ノンリコースローンのリファイナンス




ノンリコースローンの期限が次々到来。借り換えはどうなる。



2009年2月2日 第723号

貸付金は二種類


商業用不動産への貸付金は二種類に分かれます。金融機関がどのような資金によって貸すかによって分かれます。

まず、銀行が自らの資金で貸し続ける貸付金。銀行が預金者から預かった預金の運用として貸し付けるものです。つまり自己勘定貸付です。

あとは証券化を前提とした貸付金です。日本では10年ほど前から外資系銀行を中心に始まりそして一般化した、証券化前提貸付金です。


CMBSを前提とする貸付金


銀行は500億円を用意して、商業用不動産担保の5億円貸付を100本実行します。そしてその100本をひとつの箱にいれます。

100本のうち何本かは回収不能になるとしても、全部が回収不能になるということはありません。そこでこの総額500億円をバラバラの債権に切り分けて販売してしまいます。

利回りは低いが最優先で返済される証券、高利回りだけれども返済順位の低い証券等々。貸付金を債権として切り出して投資家に販売してしまいます。

不思議なことにこのように販売すると500億円の貸付金が、例えば合計550億円の債権として販売できるのです。この50億円が銀行の利益になります。

(CBMS CommercialMorgageBa

ckedSecuritis ・商業用不動産ローン担保証券)といいます。

銀行はこの50億円の利益が目的です。融資して金利を稼ぐことが目的ではありません。事務的な作業は別として、後になってどの貸付金が回収不能になっても損害を受けません。

これが証券化を前提とした貸付です。証券化前提貸付金です。証券化前提貸付金なら最後まで責任を持たないのですから、気楽に貸せたのでしょう。

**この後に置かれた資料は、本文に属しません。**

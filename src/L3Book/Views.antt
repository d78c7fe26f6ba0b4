-- ===== src/L3Book/Views.antt =====
-- The orders at a price, read through the links of src/book/l3_book.cpp: the queue of the invariant, oldest
-- first.
use itchcpp.Prelude.{
  ℕ, ◌≤◌, ◌≡◌, ◌≢◌, refl, ap, List, [], ◌∷◌, ◌++◌, map, Option, none, some, true, false, inl, inr,
  Bool-cases, ◌==◌, length, arith,
}
use itchcpp.L3Book.{
  Side, OrderNode, OrderView, Level, L3Book, nil, node_at, side_levels, find_level, level_of,
  follow_queue, orders_at,
}
use itchcpp.L3Book.Interface.{Index}
use itchcpp.L3Book.Segments.{has, has_ne, Cells, Seg}
use itchcpp.L3Book.Ladder.{lookup}
use itchcpp.L3Book.Places.{Searched, Searched-lookup, find_in-Searched, find_in-absent}
use itchcpp.L3Book.WellFormed.{cells, Fits, WellFormed}
use itchcpp.L3Book.AddKeeps.{levels-bound}
use itchcpp.L3Book.Arrivals.{first, remove_view, lower_view, less}

abbrev pub view_of : OrderNode → OrderView
view_of node = record {
  reference_number = node.reference_number;
  shares = node.shares;
  price = node.price;
}

abbrev pub views : Cells → List ℕ → List OrderView
views f xs = map (λ x. view_of (f x)) xs

pub follow_queue-views :
    (pool : List OrderNode) (front : ℕ) (xs : List ℕ) (head tail : ℕ)
    → ((x : ℕ) → has x xs ≡ true → (x == nil) ≡ false)
    → Seg (node_at pool) front xs head tail nil
    → follow_queue pool (length xs) head ≡ some (views (node_at pool) xs)
unfolding follow_queue
follow_queue-views pool front [] head tail valid (h, t) = rw h
follow_queue-views pool front (x ∷ xs) head tail valid (h, out, p, s) =
    let more : (head == nil) ≡ false = rw h (valid x (ground arith)) in
    let rest : follow_queue pool (length xs) (node_at pool head).next
        ≡ some (views (node_at pool) xs) =
      rw h (
        follow_queue-views pool x xs (node_at pool x).next tail (λ y m. valid y (ground arith))
          s) in
    rw (more, rest, h)

pub views-frame :
    (f g : Cells) (xs : List ℕ)
    → ((x : ℕ) → has x xs ≡ true → view_of (g x) ≡ view_of (f x))
    → views g xs ≡ views f xs
views-frame f g [] same = refl
views-frame f g (x ∷ xs) same =
    let rest : views g xs ≡ views f xs = views-frame f g xs (λ y m. same y (ground arith)) in
    let e : view_of (g x) ≡ view_of (f x) = same x (ground arith) in rw (rest, e)

-- The first order of a reference number is that of a node.
pub record At (f : Cells) (ref : ℕ) (v : OrderView) (xs : List ℕ) : Type 0 where
  pub node : ℕ
  pub is_in : has node xs ≡ true
  pub named : (f node).reference_number ≡ ref
  pub shown : v ≡ view_of (f node)

pub first-views :
    (f : Cells) (ref : ℕ) (v : OrderView) (xs : List ℕ)
    → first ref (views f xs) ≡ some v
    → At f ref v xs
unfolding first
first-views f ref v [] h = absurd (cc)
first-views f ref v (x ∷ xs) h = elim (Bool-cases ((f x).reference_number == ref)) [
  | inl found ↦
      let same : some (view_of (f x)) ≡ some v = rw found at h in
      record { node = x; is_in = ground arith; named = ground arith; shown = cc }
  | inr other ↦
      let r : At f ref v xs = first-views f ref v xs (rw other at h) in
      record { node = r.node; is_in = ground (arith, r.is_in); named = r.named; shown = r.shown }
]

pub first-has :
    (f : Cells) (x : ℕ) (xs : List ℕ)
    → has x xs ≡ true
    → first (f x).reference_number (views f xs) ≢ none
unfolding first
first-has f x [] m h = cc
first-has f x (y ∷ ys) m h = elim (Bool-cases (x == y)) [
  | inl same ↦
      let e : x ≡ y = ground arith in ground (arith, ap (λ (z : ℕ). (f z).reference_number) e)
  | inr other ↦ ground (arith, first-has f x ys)
]

-- A queue around a node whose reference number no node before it has
module _ (f g : Cells) (i ref : ℕ) (named : (f i).reference_number ≡ ref) where
  pub remove_view-queue :
      (front back : List ℕ)
      → ((x : ℕ) → has x front ≡ true → ((f x).reference_number == ref) ≡ false)
      → remove_view ref (views f (front ++ i ∷ back)) ≡ views f (front ++ back)
  unfolding remove_view
  remove_view-queue [] back other = ground arith
  remove_view-queue (x ∷ front) back other =
      rw (other x (ground arith), remove_view-queue front back (λ y m. other y (ground arith)))

  pub lower_view-queue :
      (n : ℕ) (front back : List ℕ)
      → ((x : ℕ) → has x front ≡ true → ((f x).reference_number == ref) ≡ false)
      → ((x : ℕ) → (i == x) ≡ false → view_of (g x) ≡ view_of (f x))
      → has i (front ++ back) ≡ false
      → view_of (g i) ≡ less (view_of (f i)) n
      → lower_view ref n (views f (front ++ i ∷ back)) ≡ views g (front ++ i ∷ back)
  unfolding lower_view
  lower_view-queue n [] back other same out lowered =
      let hit : ((f i).reference_number == ref) ≡ true = ground arith in
      let rest : views g back ≡ views f back =
        views-frame f g back (λ x m. same x (has_ne i x back out m)) in
      rw (hit, lowered, rest)
  lower_view-queue n (x ∷ front) back other same out lowered =
      let skip : view_of (g x) ≡ view_of (f x) = same x (ground arith) in
      rw (
        other x (ground arith),
        skip,
        lower_view-queue n front back (λ y m. other y (ground arith)) same (ground arith) lowered,
      )

module _ {T : Type 0} ⦃idx : Index T⦄ (b : L3Book T) (w : WellFormed b) where
  pub queue-valid : (s : Side) (p x : ℕ) → has x (w.queues s p) ≡ true → (x == nil) ≡ false
  queue-valid s p x m = ground (arith, (w.resting s p x m).bound, w.room)

  -- The loop of `orders_at` ends, with the orders of the queue.
  pub orders_at-views : (s : Side) (p : ℕ) → orders_at b s p ≡ some (views (cells b) (w.queues s p))
  unfolding orders_at find_level level_of
  orders_at-views s p = pick (lookup p (side_levels b s)) refl (w.fits s p)
    where
      few : length (side_levels b s) ≤ nil
      few = omega (arith, levels-bound b w s, w.room)

      pick :
          (o : Option Level)
          → lookup p (side_levels b s) ≡ o
          → Fits (cells b) o (w.queues s p)
          → orders_at b s p ≡ some (views (cells b) (w.queues s p))
      pick none e h = rw (find_in-absent s p (side_levels b s) (w.sorted s) e, h)
      pick (some level) e h =
          let found : Searched s p (side_levels b s) (w.sorted s) level =
            Searched-lookup s p (side_levels b s) (w.sorted s) level e in
          let (place, valid) =
            find_in-Searched s p (side_levels b s) (w.sorted s) level few found in
          rw (place, valid, found.is_there, h.count)
            (follow_queue-views b.pool nil (w.queues s p) level.head level.tail (queue-valid s p)
              h.links)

サブプライムローンの仕組みも基本的に同じ仕組みです。

多数の住宅ローンをひとつの箱に入れてから、その箱から多くの証券を切り出しました。各証券の条件は複雑であり、それが世界中に散らばります。

さらにはこの証券を新しい別の箱に入れて更に証券化しました。いよいよどんなリスクを誰が負うのが分からなくなりました。元の箱がどこにあるかすらも分からなくなりました。

ノンリコースローン急拡大


証券化前提貸付金はノンリコースローンが基本です。最後まで個人の責任追及しないといけない従来型貸付は証券化になじみません。担保不動産を処分したらそれ以上の返済は求めず損失を確定させるノンリコースがなじみました。

証券化市場・CMBS市場の拡大により証券化前提貸付金が求められ、ノンリコースローンが急拡大しました。

それによりファンドによる不動産取得が容易になり、不動産価格が高騰しました。

ノンリコースローン借り換え


日本でのノンリコースローンは期間3-5年のものが多かったようです。期限到来で一括返済です。借主は資金調達をして弁済しなくてはいけません。リファイナンス(借り換え)です。

「不動産は値上がりする。期限が来たらまたノンリコースローンで借り換えればいい」と行け行けドンドン、借りました。

しかし、サブプライム問題で証券化市場が突然消滅しました。CMBSの証券の買い手が消滅しました。そうなると証券化前提での貸付も消滅します。

これらノンリコースローンの貸付のピークは2-3年前です。ローンの期間の多くは3-5年。つまり今年から2-3年で期限が次々に到来します。


借り換えしたくても証券化前提貸付金は困難です。銀行の自己勘定貸付金も極めて厳しい状況です。物件売却なら大きな値下がり。ノンリコースだから最終損失は貸主負担ですが、債務不履行には変わりありません。

金融市場が大きく改善しない限りは、期限到来の度に、ファンドが破綻危機に次々直面することになります。